May is Disability Insurance Awareness Month (DIAM), which presents a great opportunity to speak with your clients about their disability income insurance needs. None of us plan on becoming disabled, but the reality is that nearly one in four Americans will become disabled before they retire.
Most disabilities are not caused by accidents but by back injuries, cancer, heart disease and other illnesses. And that’s precisely why individual disability insurance is an integral part of a comprehensive financial safety net, especially for people who are in their peak earning years and who might not be able to afford the financial impact of a serious disability.
Here are some common misconceptions your clients may have about disability insurance and some important information to set the record straight:
I’m too young to worry about disability income insurance.
Most people understand the need for life insurance. Yet, the truth is, a long-term disability can be just as financially devastating to a household as a death.
After all, income is the foundation to the lifestyle you’ve created. If that income abruptly stopped, how would you maintain your household, cover expenses or continue to plan for your future? Could your savings alone sustain your family for a period of months, or even years?
I have group coverage through my employer, I don’t need individual coverage.
Group long-term disability (LTD) coverage is a terrific start to protecting income; however, unless supplemented, it likely will not be enough in the event you become disabled. An individual disability insurance policy is a terrific supplement to your workplace coverage and can help ensure that you’re adequately protected. Some other reasons to consider supplementing group coverage include:
Benefit caps put in place for the entire group often leave high-earning employees with the least amount of income protection.
Coverage is generally basic and cannot be personalized to your individual needs because it is not individually-owned.
You cannot take it with you when you change employers.
Group coverage can be changed or cancelled at any time by your employer or by the insurance provider. When premiums are employer-paid, net benefits are reduced due to taxation, minimizing income replacement.
Group plans generally do not cover bonus compensation or retirement plan contributions.
I’ll get disability insurance in a few years. I’m in perfect health right now.
No matter how young and healthy you are, you’re still vulnerable to disability — whether through an accidental injury or an unexpected illness. Once you’re unable to work, it’s usually too late to get the protection you need.
Won’t Social Security cover me if I’m disabled?

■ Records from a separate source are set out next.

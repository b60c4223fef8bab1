-- ===== src/Alex/Delivery.antt =====
-- From the Raspberry Pi's wire to the firmware's handlers (alex/alex.ino, alex/usart.ino): a packet
-- that several turns of `loop` read piece by piece.
use cg2111a_b.Base.{
  ℕ, ◌≤◌, ◌<◌, ◌≡◌, refl, ap, sym, ◌∙◌, arith, List, [], ◌∷◌, ◌++◌, append-nil, append_assoc,
  Option, none, some, ◌>>=◌, if◌then◌else◌, length, drop, length-append, le→leb, ne→eq_false,
  if-holds, All,
}
use cg2111a_b.Packet.{Packet, packet_bytes}
use cg2111a_b.Packet.Layout.{IsPacket, length-packet_bytes}
use cg2111a_b.Serialize.{Comms, Result, packet_size, packet_ok, packet_incomplete}
use cg2111a_b.Serialize.Frame.{IsComms}
use cg2111a_b.Serialize.Roundtrip.{frame}
use cg2111a_b.Link.Stream.{overwrite_front, length-frame}
use cg2111a_b.Alex.{Alex, World, emit, read}
use cg2111a_b.Alex.Motion.{stop, move, run_motors, set_speeds}
use cg2111a_b.Alex.Replies.{send_message, send_response}
use cg2111a_b.Alex.Sensors.{get_ultrasonic_distance}
use cg2111a_b.Alex.Commands.{handle_packet}
use cg2111a_b.Alex.Main.{
  is_near, auto_stopped, avoid_collision, check_distance, check_turn, end_distance, end_turn, loop,
  read_packet, read_serial, answer,
}
use cg2111a_b.Alex.Happenings.{
  distance_done, turn_done, check_distance_lem, check_turn_lem, loop_idle,
}
use cg2111a_b.Alex.Framing.{Framing}

bind_some : {A : Type 0} (m : Option A) → (m >>= some) ≡ m
bind_some none = refl
bind_some (some a) = refl

-- The bytes of some pieces.
abbrev pub joined : List (List ℕ) → List ℕ
joined [] = []
joined (c ∷ cs) = c ++ joined cs

module _ (w : World) where
  open w use {Receiver}

  -- A turn of `loop` for each piece that `readSerial` finds.
  unfoldable pub turns : List (List ℕ) → Alex Receiver → Option (Alex Receiver)
  turns [] s = some s
  turns (c ∷ cs) s = do s' ← loop w c s; turns cs s'

  abbrev checked : Alex Receiver → Alex Receiver
  checked s = check_turn w (check_distance w (avoid_collision w s))

  -- The checks do not touch the library's state.
  avoid_collision-receiver : (s : Alex Receiver) → (avoid_collision w s).receiver ≡ s.receiver
  unfolding avoid_collision get_ultrasonic_distance send_message send_response stop move run_motors
      set_speeds
  avoid_collision-receiver s =
      let (d, s') = get_ultrasonic_distance w s in
      let Same = λ (t : Alex Receiver). t.receiver ≡ s.receiver in
      if-holds Same s.prevent_collision
        (if is_near d then send_message w auto_stopped (stop w s') else s') s
        (λ e.
          if-holds Same (is_near d) (send_message w auto_stopped (stop w s')) s' (λ k. refl)
            (λ k. refl))
        (λ e. refl)

  check_distance-receiver : (s : Alex Receiver) → (check_distance w s).receiver ≡ s.receiver
  unfolding stop move run_motors set_speeds
  check_distance-receiver s =
      ap (λ t. t.receiver) (check_distance_lem w s)
      ∙ if-holds (λ (t : Alex Receiver). t.receiver ≡ s.receiver) (distance_done s)
          (end_distance w s) s (λ e. refl) (λ e. refl)

  check_turn-receiver : (s : Alex Receiver) → (check_turn w s).receiver ≡ s.receiver
  unfolding stop move run_motors set_speeds
  check_turn-receiver s =
      ap (λ t. t.receiver) (check_turn_lem w s)
      ∙ if-holds (λ (t : Alex Receiver). t.receiver ≡ s.receiver) (turn_done s) (end_turn w s) s
          (λ e. refl) (λ e. refl)

  checked-receiver : (s : Alex Receiver) → (checked s).receiver ≡ s.receiver
  checked-receiver s =
      check_turn-receiver (check_distance w (avoid_collision w s))
      ∙ check_distance-receiver (avoid_collision w s)
      ∙ avoid_collision-receiver s

  module _ (framing : Framing w) (packets : (s : Alex Receiver) → IsPacket (w.packet s))
      (buffers : (s : Alex Receiver) → length (w.buffer s) ≡ packet_size) where
    open framing use {Valid}
    open framing use {waiting}

    read_packet_call :
        (t : Alex Receiver) (b : ℕ) (chunk : List ℕ) (old : Packet) (after : Receiver) (p : Packet)
        (result : Result)
        → length (b ∷ chunk) ≤ packet_size
        → w.deserialize t.receiver
            ((b ∷ chunk) ++ drop (length (b ∷ chunk)) (w.buffer t))
            (length (b ∷ chunk))
            old
          ≡ some (after, p, result)
        → read_packet w (b ∷ chunk) old t
          ≡ some (result, p, record (emit (read (b ∷ chunk)) t) { receiver = after })
    unfolding read_packet read_serial
    read_packet_call t b chunk old after p result fits call =
        let size = buffers t in
        rw
          (
            le→leb (length (b ∷ chunk)) packet_size fits,
            ne→eq_false (length (b ∷ chunk)) 0 (omega arith),
            overwrite_front (w.buffer t) (b ∷ chunk) (omega arith),
            call,
          )
          refl

    -- A turn that finds bytes, by what `deserialize` makes of them.
    loop_call :
        (s : Alex Receiver) (b : ℕ) (chunk : List ℕ) (after : Receiver) (p : Packet)
        (result : Result)
        → length (b ∷ chunk) ≤ packet_size
        → w.deserialize
            (checked s).receiver
            ((b ∷ chunk) ++ drop (length (b ∷ chunk)) (w.buffer (checked s)))
            (length (b ∷ chunk))
            (w.packet (checked s))
          ≡ some (after, p, result)
        → loop w (b ∷ chunk) s
          ≡ answer w result p (record (emit (read (b ∷ chunk)) (checked s)) { receiver = after })
    unfolding loop
    loop_call s b chunk after p result fits call =
        rw (read_packet_call (checked s) b chunk (w.packet (checked s)) after p result fits call)
          refl

    -- A turn after which more bytes of the packet are to come.
    loop_waits :
        (s : Alex Receiver) (chunk : List ℕ)
        → Valid s.receiver
        → length chunk ≤ packet_size
        → length (waiting s.receiver ++ chunk) < packet_size
        → (s' : Alex Receiver) × (loop w chunk s ≡ some s')
          × Valid s'.receiver
          × (waiting s'.receiver ≡ waiting s.receiver ++ chunk)
    loop_waits s [] v fits short =
        let same = checked-receiver s in
        (
          emit (read []) (checked s),
          loop_idle w s,
          rw same v,
          ap (λ r. waiting r) same ∙ sym (append-nil _),
        )
    loop_waits s (b ∷ chunk) v fits short =
        let same = checked-receiver s in
        let gave =
          framing.waits (checked s).receiver (b ∷ chunk)
            (drop (length (b ∷ chunk)) (w.buffer (checked s))) (w.packet (checked s)) (rw same v)
            (packets (checked s)) (rw same short) fits in
        (
          record (emit (read (b ∷ chunk)) (checked s)) { receiver = gave.after },
          loop_call s b chunk gave.after (w.packet (checked s)) packet_incomplete fits gave.call
              ∙ (unfold answer in refl),
          gave.valid,
          gave.left ∙ ap (λ r. waiting r ++ (b ∷ chunk)) same,
        )

    -- The turn that reads the last bytes of a packet handles it.
    loop_delivers :
        (s : Alex Receiver) (b : ℕ) (chunk : List ℕ) (slot : Comms) (p : Packet)
        → Valid s.receiver
        → length (b ∷ chunk) ≤ packet_size
        → IsComms slot
        → IsPacket p
        → waiting s.receiver ++ (b ∷ chunk) ≡ frame slot (packet_bytes p)
        → (t : Alex Receiver) × (loop w (b ∷ chunk) s ≡ handle_packet w p t)
          × Valid t.receiver
          × (waiting t.receiver ≡ [])
    loop_delivers s b chunk slot p v fits slot_shape shape e =
        let same = checked-receiver s in
        let gave =
          framing.delivers (checked s).receiver (b ∷ chunk)
            (drop (length (b ∷ chunk)) (w.buffer (checked s))) (w.packet (checked s)) p slot
            (rw same v) (packets (checked s)) shape slot_shape fits (rw same e) in
        (
          record (emit (read (b ∷ chunk)) (checked s)) { receiver = gave.after },
          loop_call s b chunk gave.after p packet_ok fits gave.call ∙ (unfold answer in refl),
          gave.valid,
          gave.left,
        )

    -- The packets that the firmware is given when its turns find a frame piece by piece: the last
    -- turn handles the packet that was sent, and no byte is left waiting.
    pub turns-handles :
        (before : List (List ℕ)) (b : ℕ) (last : List ℕ) (s : Alex Receiver) (slot : Comms)
        (p : Packet)
        → Valid s.receiver
        → All (λ c. length c ≤ packet_size) before
        → length (b ∷ last) ≤ packet_size
        → IsComms slot
        → IsPacket p
        → waiting s.receiver ++ (joined before ++ (b ∷ last)) ≡ frame slot (packet_bytes p)
        → (t : Alex Receiver) × (turns (before ++ ((b ∷ last) ∷ [])) s ≡ handle_packet w p t)
          × Valid t.receiver
          × (waiting t.receiver ≡ [])
    unfolding turns
    turns-handles [] b last s slot p v pieces fits slot_shape shape e =
        let (t, run, valid, empty) = loop_delivers s b last slot p v fits slot_shape shape e in
        (t, ap (λ m. m >>= some) run ∙ bind_some (handle_packet w p t), valid, empty)
    turns-handles (c ∷ cs) b last s slot p v pieces fits slot_shape shape e =
        let sent =
          length-frame (record { slot = slot; structure = packet_bytes p })
            (slot_shape, length-packet_bytes p shape) in
        let front = waiting s.receiver ++ c in
        let back = joined cs ++ (b ∷ last) in
        let e' : front ++ back ≡ frame slot (packet_bytes p) =
          append_assoc (waiting s.receiver) c back
          ∙ ap (λ q. waiting s.receiver ++ q) (sym (append_assoc c (joined cs) (b ∷ last)))
          ∙ e in
        let size : length (front ++ back) ≡ packet_size = ap length e' ∙ sent in
        let (s1, run1, v1, waits1) =
          loop_waits s c v pieces.0
            (omega (arith, size, length-append front back, length-append (joined cs) (b ∷ last))) in
        let (t, run, valid, empty) =
          turns-handles cs b last s1 slot p v1 pieces.1 fits slot_shape shape
            (ap (λ q. q ++ back) waits1 ∙ e') in
        (t, rw run1 run, valid, empty)
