-- ===== src/Alex/Dispatch.antt =====
-- The commands that the three handlers of alex/usart.ino treat alike.
use cg2111a_b.Base.{
  ℕ, ◌≤◌, ◌≡◌, refl, ap, ◌∙◌, arith, false, Option, some, if◌then◌else◌, ◌==◌, if-holds,
}
use cg2111a_b.Packet.{Packet}
use cg2111a_b.Alex.{Alex, World}
use cg2111a_b.Alex.Commands.{
  Case, move_forward, move_reverse, turn_left, turn_right, halt, get_stats, clear_stats, color,
  dist, unknown, case_of, run_common, run_param, run_keyboard, run_time, handle_command_param,
  handle_command_keyboard, handle_command_time, handle_packet,
}

abbrev pub IsCommon : Case → Type 0
IsCommon move_forward = ⊥
IsCommon move_reverse = ⊥
IsCommon turn_left = ⊥
IsCommon turn_right = ⊥
IsCommon _ = Unit

no_kind : (k : ℕ) → k ≤ 2 → (k == 0) ≡ false → (k == 1) ≡ false → (k == 2) ≡ false → ⊥
no_kind k h a b c = ground arith

module _ (w : World) where
  open w use {Receiver}

  alike :
      (c : Case) (p : Packet) (s : Alex Receiver)
      → IsCommon c
      → (run_param w c p s ≡ run_common w c s)
        × (run_keyboard w c p s ≡ run_common w c s)
        × (run_time w c p s ≡ run_common w c s)
  unfolding run_param run_keyboard run_time
  alike move_forward p s h = absurd h
  alike move_reverse p s h = absurd h
  alike turn_left p s h = absurd h
  alike turn_right p s h = absurd h
  alike halt p s h = (refl, refl, refl)
  alike get_stats p s h = (refl, refl, refl)
  alike clear_stats p s h = (refl, refl, refl)
  alike color p s h = (refl, refl, refl)
  alike dist p s h = (refl, refl, refl)
  alike unknown p s h = (refl, refl, refl)

  pub dispatched :
      (c : Case) (p : Packet) (s : Alex Receiver)
      → IsCommon c
      → case_of p.command ≡ c
      → p.packet_type ≤ 2
      → handle_packet w p s ≡ run_common w c s
  unfolding handle_packet handle_command_param handle_command_keyboard handle_command_time
  dispatched c p s common e low =
      let kind = p.packet_type in
      let case = case_of p.command in
      let (param, keyboard, time) = alike c p s common in
      let Right = λ (t : Option (Alex Receiver)). t ≡ run_common w c s in
      if-holds Right (kind == 0) (run_param w case p s)
        (if kind == 1
          then run_keyboard w case p s
          else (if kind == 2 then run_time w case p s else some s))
        (λ e0. ap (λ k. run_param w k p s) e ∙ param)
        (λ n0.
          if-holds Right (kind == 1) (run_keyboard w case p s)
            (if kind == 2 then run_time w case p s else some s)
            (λ e1. ap (λ k. run_keyboard w k p s) e ∙ keyboard)
            (λ n1.
              if-holds Right (kind == 2) (run_time w case p s) (some s)
                (λ e2. ap (λ k. run_time w k p s) e ∙ time)
                (λ n2. absurd (no_kind kind low n0 n1 n2))))
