-- ===== src/Alex/Driving.antt =====
-- A movement forwards does not end early, and objects that `loop` does not see (alex/alex.ino,
-- alex/robotlib.ino).
use cg2111a_b.Base.{
  ℕ, suc, ◌+◌, ◌%◌, ◌^◌, ◌≤◌, ◌<◌, ◌≡◌, refl, ap, ◌∙◌, arith, false, ◌⊎◌, inl, inr, List, [], ◌∷◌,
  some, ltb, if-skips, if-holds, and_false, Option, if◌then◌else◌,
}
use native.Mathlib.Nat.{zero-add}
use cg2111a_b.Base.Int.{ℤ, pos, negsuc}
use cg2111a_b.Alex.{Alex, World, Motor, front_left, front_right, back_left, back_right, forwards}
use cg2111a_b.Alex.Motion.{forward, move, run_motors, set_speeds, speed_scaled, distance_to_go}
use cg2111a_b.Alex.Encoders.{next, travelled, left_isr, right_isr}
use cg2111a_b.Alex.Replies.{send_message}
use cg2111a_b.Alex.Motion.{stop}
use cg2111a_b.Alex.Sensors.{get_ultrasonic_distance}
use cg2111a_b.Alex.Main.{
  is_near, auto_stopped, avoid_collision, check_distance, check_turn, end_distance, end_turn,
}
use cg2111a_b.Alex.Happenings.{
  Happening, left_tick, right_tick, idle, run_all, lefts, last_speed, distance_done, turn_done,
  check_distance_lem, check_turn_lem, loop_idle,
}
use cg2111a_b.Alex.Halting.{turned}
use cg2111a_b.Alex.Going.{isr_forwards, equal, other}

-- The measured distances in centimetres that the check for obstacles lets pass.
abbrev pub IsUnseen : ℤ → Type 0
IsUnseen (pos d) = (d ≤ 10) ⊎ (15 ≤ d)
IsUnseen (negsuc d) = 0 ≤ 0

unseen : (d : ℤ) → IsUnseen d → is_near d ≡ false
unseen (pos d) (inl h) = ground arith
unseen (pos d) (inr h) = ground arith
unseen (negsuc d) h = ground arith

not_yet : (new at : ℕ) → at ≤ new → ltb new at ≡ false
not_yet new at h = ground arith

module _ (w : World) where
  open w use {Float}
  open w use {Receiver}

  -- The sensor, wherever the rover is, measures no distance that stops it.
  abbrev pub SeesNothing : Type 0
  SeesNothing = (s : Alex Receiver) → IsUnseen (get_ultrasonic_distance w s).0

  -- On the way forwards, `n` ticks after the counter was `base`.
  abbrev Driving : (Motor → Option ℤ) → ℕ → ℕ → ℕ → Alex Receiver → Type 0
  Driving speeds limit base n s =
      (s.dir ≡ forwards)
      × (s.new_dist ≡ limit)
      × (s.forward_dist ≤ limit)
      × (s.left_forward_ticks ≡ base + n)
      × ((m : Motor) → last_speed m s.calls ≡ speeds m)

  passes :
      (s : Alex Receiver)
      → SeesNothing
      → (avoid_collision w s ≡ s) ⊎ (avoid_collision w s ≡ (get_ultrasonic_distance w s).1)
  unfolding avoid_collision
  passes s blind =
      let (d, s') = get_ultrasonic_distance w s in
      let far : (if is_near d then send_message w auto_stopped (stop w s') else s') ≡ s' =
        if-skips (λ t. t ≡ s') (is_near d) (send_message w auto_stopped (stop w s')) s'
          (unseen d (blind s)) refl in
      if-holds (λ t. (t ≡ s) ⊎ (t ≡ s')) s.prevent_collision
        (if is_near d then send_message w auto_stopped (stop w s') else s') s (λ e. inr far)
        (λ e. inl refl)

  avoid_collision-Driving :
      (speeds : Motor → Option ℤ) (limit base n : ℕ) (s : Alex Receiver)
      → SeesNothing
      → Driving speeds limit base n s
      → Driving speeds limit base n (avoid_collision w s)
  unfolding get_ultrasonic_distance
  avoid_collision-Driving speeds limit base n s blind h = elim (passes s blind) [
    | inl e ↦ rw e h
    | inr e ↦ rw e h
  ]

  undone :
      (speeds : Motor → Option ℤ) (limit base n : ℕ) (s : Alex Receiver)
      → Driving speeds limit base n s
      → check_turn w (check_distance w s) ≡ s
  undone speeds limit base n s (dir, new, near, ticks, same) =
      let early = not_yet s.new_dist s.forward_dist (rw new near) in
      let e =
        check_distance_lem w s
        ∙ if-skips (λ t. t ≡ s) (distance_done s) (end_distance w s) s
            (rw (equal s.dir 1 dir, early) (and_false (ltb 0 s.delta_dist))) refl in
      ap (λ t. check_turn w t) e
      ∙ check_turn_lem w s
      ∙ if-skips (λ t. t ≡ s) (turn_done s) (end_turn w s) s
          (rw (other s.dir 1 3 dir refl, other s.dir 1 4 dir refl, other s.dir 1 0 dir refl)
            (and_false (ltb 0 s.delta_ticks)))
          refl

  turned-Driving :
      (speeds : Motor → Option ℤ) (limit base n : ℕ) (s : Alex Receiver)
      → SeesNothing
      → Driving speeds limit base n s
      → Driving speeds limit base n (turned w s)
  turned-Driving speeds limit base n s blind h =
      let k = avoid_collision-Driving speeds limit base n s blind h in
      rw (undone speeds limit base n (avoid_collision w s) k) k

  ticked-Driving :
      (speeds : Motor → Option ℤ) (limit base n : ℕ) (s : Alex Receiver)
      → base + suc n < 2 ^ 32
      → travelled w (base + suc n) ≤ limit
      → Driving speeds limit base n s
      → Driving speeds limit base (suc n) (left_isr w s)
  ticked-Driving speeds limit base n s fits near (dir, new, before, ticks, same) =
      let e : next s.left_forward_ticks ≡ base + suc n = rw ticks (omega arith) in
      rw (isr_forwards w s dir).0 (dir, new, rw e near, e, same)

  run_all-Driving :
      (speeds : Motor → Option ℤ) (limit base n all : ℕ) (hs : List Happening) (s : Alex Receiver)
      → SeesNothing
      → ((k : ℕ) → k ≤ all → travelled w (base + k) ≤ limit)
      → n + lefts hs ≤ all
      → base + all < 2 ^ 32
      → Driving speeds limit base n s
      → (s' : Alex Receiver) × (m : ℕ) × (run_all w hs s ≡ some s') × Driving speeds limit base m s'
  unfolding run_all
  run_all-Driving speeds limit base n all [] s blind near few fits h = (s, n, refl, h)
  run_all-Driving speeds limit base n all (left_tick ∷ hs) s blind near few fits h =
      run_all-Driving speeds limit base (suc n) all hs (left_isr w s) blind near (omega arith) fits
        (ticked-Driving speeds limit base n s (omega arith) (near (suc n) (omega arith)) h)
  run_all-Driving speeds limit base n all (right_tick ∷ hs) s blind near few fits h =
      run_all-Driving speeds limit base n all hs (right_isr s) blind near few fits
        (rw (isr_forwards w s h.0).1 h)
  run_all-Driving speeds limit base n all (idle ∷ hs) s blind near few fits h =
      let (s', m, run, k) =
        run_all-Driving speeds limit base n all hs (turned w s) blind near few fits
          (turned-Driving speeds limit base n s blind h) in
      (s', m, rw (loop_idle w s) run, k)

  start_speeds :
      (amount speed : Float) (s : Alex Receiver) (m : Motor)
      → last_speed m (forward w amount speed s).calls ≡ some (speed_scaled w speed)
  unfolding forward move run_motors set_speeds
  start_speeds amount speed s front_left = refl
  start_speeds amount speed s front_right = refl
  start_speeds amount speed s back_left = refl
  start_speeds amount speed s back_right = refl

  low : (a b : ℕ) → a + b < 2 ^ 32 → ((a + b) % 2 ^ 32 ≡ a + b) × (a ≤ a + b)
  low a b h = (omega arith, omega arith)

  none_yet : (n : ℕ) → n ≡ n + 0
  none_yet n = omega arith

  start-Driving :
      (amount speed : Float) (s : Alex Receiver)
      → s.forward_dist + distance_to_go w amount < 2 ^ 32
      → Driving
          (λ m. some (speed_scaled w speed))
          (s.forward_dist + distance_to_go w amount)
          s.left_forward_ticks
          0
          (forward w amount speed s)
  unfolding forward move run_motors set_speeds
  start-Driving amount speed s fits =
      let (target, here) = low _ _ fits in
      (refl, target, here, none_yet s.left_forward_ticks, start_speeds amount speed s)

  -- A movement forwards by an amount, with sums that do not wrap around, goes on over any
  -- interrupts of the wheels and idle turns of `loop`, if no distance is measured that is from 11
  -- to 14 centimetres, and no number of the left wheel's ticks takes the rover past the amount: no
  -- turn of `loop` faults, and the rover still drives forwards with every motor at the speed that
  -- the movement was given, though an object be 10 centimetres away or nearer.
  pub run_all-drives :
      (amount speed : Float) (s : Alex Receiver) (hs : List Happening)
      → SeesNothing
      → s.forward_dist + distance_to_go w amount < 2 ^ 32
      → s.left_forward_ticks + lefts hs < 2 ^ 32
      → ((k : ℕ)
          → k ≤ lefts hs
          → travelled w (s.left_forward_ticks + k) ≤ s.forward_dist + distance_to_go w amount)
      → (s' : Alex Receiver) × (run_all w hs (forward w amount speed s) ≡ some s')
        × (s'.dir ≡ forwards)
        × ((m : Motor) → last_speed m s'.calls ≡ some (speed_scaled w speed))
  run_all-drives amount speed s hs blind fits few near =
      let limit = s.forward_dist + distance_to_go w amount in
      let (s', m, run, (dir, new, before, ticks, speeds)) =
        run_all-Driving (λ m. some (speed_scaled w speed)) limit s.left_forward_ticks 0 (lefts hs)
          hs (forward w amount speed s) blind near (rw zero-add (omega arith)) few
          (start-Driving amount speed s fits) in
      (s', run, dir, speeds)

Social Security provides a modest benefit to disabled workers, but getting approval for coverage isn’t easy. According to the Council for Disability Awareness, only 33 percent of those workers who applied for SSDI benefits in 2013 were approved; the lowest ratio since 1982[i].
In addition, you can’t collect Social Security disability benefits until the end of your fifth full month of disability – and only then if you are expected to be out of work for 12 months or longer. Personal DI coverage can help to tide you over financially should you become disabled for a long period of time.
Why should I pay all that money for something I’ll never use?
Disabilities can and do happen. In 2014, Guardian paid more than $294.1 million in disability income benefits.
When you consider the facts about disability, it’s easier to understand just how vulnerable we are:
Just over 1 in 4 of today’s 20 year-olds will become disabled before they retire.
Accidents are not usually the culprit. Back injuries, cancer, heart disease and other illnesses cause the majority of long-term absences from work. If you become too sick or injured to work, will you be ready? Considering the average long-term disability claim duration is 2 ½ years, your ability to maintain the life you created will likely be at risk.